I think I will back up a bit and fill you in on one of the more interesting stories of fate with this project.

In December, Lisa and I decided it would probably be a good idea to start gathering the contact information of the actors we thought would be good for these roles. The original plan was to hold auditions in January.

Being the holidays, it was probably the most convenient time to gather this information. (Most of the parties I attended were filled with actors and not many of them went far without a headshot within reach.)

One particular evening, a good friend of mine, Karla, an actress, called me and said, "Suehyla, have you found anyone for the role of the FATHER yet?"

I said, "No. And i've seriously ...got nothin'..."

"Well, "She replied, "I met this guy at an audition and...I don't know what he can do talent wise but, I gotta tell ya...he looks the part. He's really nice, too.
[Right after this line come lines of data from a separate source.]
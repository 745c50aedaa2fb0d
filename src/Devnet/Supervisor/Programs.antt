-- ===== src/Devnet/Supervisor/Programs.antt =====
-- The programs of supervisord.ini and their scripts, against a description by validator.
use tempo_py.Prelude.{
  ℕ, suc, ◌≡◌, ◌≢◌, ◌⊎◌, inl, inr, refl, sym, ap, ◌∙◌, true, false, ◌||◌, List, [], ◌∷◌, ◌++◌,
  append_assoc, append-nil, map, ok, err, duplicate_section_error, Bool-cases, All, arith,
}
use tempo_py.Python.Bytes.{Str, eqb, eqb_refl, eqb→eq}
use tempo_py.Devnet.Config.{ValidatorConfig}
use tempo_py.Devnet.DevnetConfig.{DevnetConfig}
use tempo_py.Devnet.Backends.{Backend}
use tempo_py.Devnet.Shell.{run_script_content}
use tempo_py.Devnet.Supervisor.{
  Ini, has_section, program_name, program_options, Written, write_secret_file, write_reth_config,
  validator_args, add_programs,
}
use tempo_py.Devnet.Supervisor.Scripts.{Runs, validator_script}

-- The moniker is not that of any of these validators.
abbrev pub IsNew : Str → List ValidatorConfig → Type 0
IsNew moniker vals = All (λ (v : ValidatorConfig). moniker ≢ v.moniker) vals

-- The monikers differ.
abbrev pub AllNew : List ValidatorConfig → Type 0
AllNew [] = Unit
AllNew (v ∷ vals) = IsNew v.moniker vals × AllNew vals

-- The section of a validator.
abbrev pub program : Str → ValidatorConfig → Str × List (Str × Str)
program path val = (program_name val.moniker, program_options path val.moniker)

has_section-append :
    (ini : Ini) (name new : Str) (options : List (Str × Str))
    → has_section (ini ++ ((new, options) ∷ [])) name ≡ (has_section ini name || eqb new name)
has_section-append [] name new options = ground arith
has_section-append (s ∷ ini) name new options =
    ground (arith, has_section-append ini name new options)

program_name-eqb : (a b : Str) → eqb (program_name a) (program_name b) ≡ eqb a b
unfolding eqb
program_name-eqb a b = refl

-- The section of the validator is not there.
abbrev pub IsFree : Ini → ValidatorConfig → Type 0
IsFree ini val = has_section ini (program_name val.moniker) ≡ false

module _ (path : Str) (v : ValidatorConfig) where
  freed :
      (ini : Ini) (vals : List ValidatorConfig)
      → All (IsFree (ini ++ (program path v ∷ []))) vals
      → All (IsFree ini) vals × IsNew v.moniker vals
  freed ini [] h = (tt, tt)
  freed ini (u ∷ vals) h =
      let rest = freed ini vals h.1 in
      let both =
        sym (has_section-append ini (program_name u.moniker) (program_name v.moniker) _) ∙ h.0 in
      (
        (ground (arith, both), rest.0),
        (
          (λ e.
              let same : eqb (program_name v.moniker) (program_name u.moniker) ≡ true =
                ap (λ m. eqb (program_name v.moniker) (program_name m)) (sym e)
                ∙ eqb_refl (program_name v.moniker) in
              ground (arith, both, same)),
          rest.1,
        ),
      )

  still-IsFree :
      (ini : Ini) (vals : List ValidatorConfig)
      → All (IsFree ini) vals
      → IsNew v.moniker vals
      → All (IsFree (ini ++ (program path v ∷ []))) vals
  still-IsFree ini [] h new = tt
  still-IsFree ini (u ∷ vals) h new =
      let other : eqb (program_name v.moniker) (program_name u.moniker) ≡ false =
        elim (Bool-cases (eqb v.moniker u.moniker)) [
          | inl e ↦ absurd (new.0 (eqb→eq v.moniker u.moniker e))
          | inr e ↦ program_name-eqb v.moniker u.moniker ∙ e
        ] in
      (
        has_section-append ini (program_name u.moniker) (program_name v.moniker) _
            ∙ ground (arith, h.0, other),
        still-IsFree ini vals h.1 new.1,
      )

module _ (c : DevnetConfig) (path : Str) (backend : Backend) (peers : List Str) where
  -- One script for each validator, in order, which runs its node.
  abbrev pub AllRun : ℕ → List ValidatorConfig → List (Str × Str) → Type 0
  AllRun index [] scripts = scripts ≡ []
  AllRun index (val ∷ vals) scripts =
      (script : Str) × (rest : List (Str × Str)) × (scripts ≡ (val.moniker, script) ∷ rest)
      × Runs script (validator_args c path backend peers index val)
      × AllRun (suc index) vals rest

  -- What the loop leaves in addition.
  abbrev pub Adds : ℕ → List ValidatorConfig → Written → Written → Type 0
  Adds index vals w w' =
      (w'.sections ≡ w.sections ++ map (program path) vals)
      × (scripts : List (Str × Str)) × (w'.scripts ≡ w.scripts ++ scripts)
      × AllRun index vals scripts

  taken :
      (index : ℕ) (v : ValidatorConfig) (vals : List ValidatorConfig) (w : Written)
      → has_section w.sections (program_name v.moniker) ≡ true
      → add_programs c path backend peers index (v ∷ vals) w ≡ err duplicate_section_error
  unfolding add_programs
  taken index v vals w e = rw e

  next : ValidatorConfig → Str → Written → Written
  next v script w = record {
    sections = w.sections ++ (program path v ∷ []);
    scripts = w.scripts ++ ((v.moniker, script) ∷ []);
    secrets = write_secret_file backend v.moniker w.secrets;
    reth = write_reth_config v.moniker c.patch_reth w.reth;
  }

  added :
      (index : ℕ) (v : ValidatorConfig) (vals : List ValidatorConfig) (w : Written) (script : Str)
      → has_section w.sections (program_name v.moniker) ≡ false
      → run_script_content (validator_args c path backend peers index v) [] false ≡ ok script
      → add_programs c path backend peers index (v ∷ vals) w
        ≡ add_programs c path backend peers (suc index) vals (next v script w)
  unfolding add_programs next
  added index v vals w script e f = rw (e, f) refl

  Adds-next :
      (index : ℕ) (v : ValidatorConfig) (vals : List ValidatorConfig) (w w' : Written)
      (script : Str)
      → Runs script (validator_args c path backend peers index v)
      → Adds (suc index) vals (next v script w) w'
      → Adds index (v ∷ vals) w w'
  unfolding next
  Adds-next index v vals w w' script runs (sections, scripts, e, all) = (
    sections ∙ append_assoc w.sections (program path v ∷ []) _,
    (v.moniker, script) ∷ scripts,
    e ∙ append_assoc w.scripts ((v.moniker, script) ∷ []) scripts,
    (script, scripts, refl, runs, all),
  )

  pub add_programs-cases :
      (index : ℕ) (vals : List ValidatorConfig) (w : Written)
      → ((All (IsFree w.sections) vals × AllNew vals)
          × (w' : Written) × (add_programs c path backend peers index vals w ≡ ok w')
          × Adds index vals w w')
        ⊎ ((¬ (All (IsFree w.sections) vals × AllNew vals))
            × (add_programs c path backend peers index vals w ≡ err duplicate_section_error))
  add_programs-cases index [] w = inl (
    (tt, tt),
    w,
    unfold add_programs in refl,
    (sym (append-nil w.sections), [], sym (append-nil w.scripts), refl),
  )
  add_programs-cases index (v ∷ vals) w =
      elim (Bool-cases (has_section w.sections (program_name v.moniker))) [
        | inl e ↦ inr ((λ h. ground (arith, e, h.0.0)), taken index v vals w e)
        | inr e ↦
            let (script, f, runs) = validator_script c path backend peers index v in
            elim (add_programs-cases (suc index) vals (next v script w)) [
              | inl (free, w', done, adds) ↦
                  let (old, new) = freed path v w.sections vals (unfold next in free.0) in
                  inl (
                    ((e, old), (new, free.1)),
                    w',
                    added index v vals w script e f ∙ done,
                    Adds-next index v vals w w' script runs adds,
                  )
              | inr (clash, failed) ↦ inr (
                (λ h.
                    clash
                      (unfold next in (still-IsFree path v w.sections vals h.0.1 h.1.0, h.1.1))),
                added index v vals w script e f ∙ failed,
              )
            ]
      ]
I went ahead and got his headshot for you. I'll bring it to the party tonight."

Great, i'm thinking. That's perfect.

She gets there, hands me the headshot and ...*shrug*... I'm like...whatever. This is fine. At this point in time, i'm just gathering. I will call no shots 'til the person is in front of me.

I stayed rather late at this particular party...or...rather early, depending on how you look at it and ended up being the DD for several friends.

On the way home, driving down Moreland Avenue, my intoxicated, rambunctious passenger(another fellow actor) notices the small pile of headshots between us.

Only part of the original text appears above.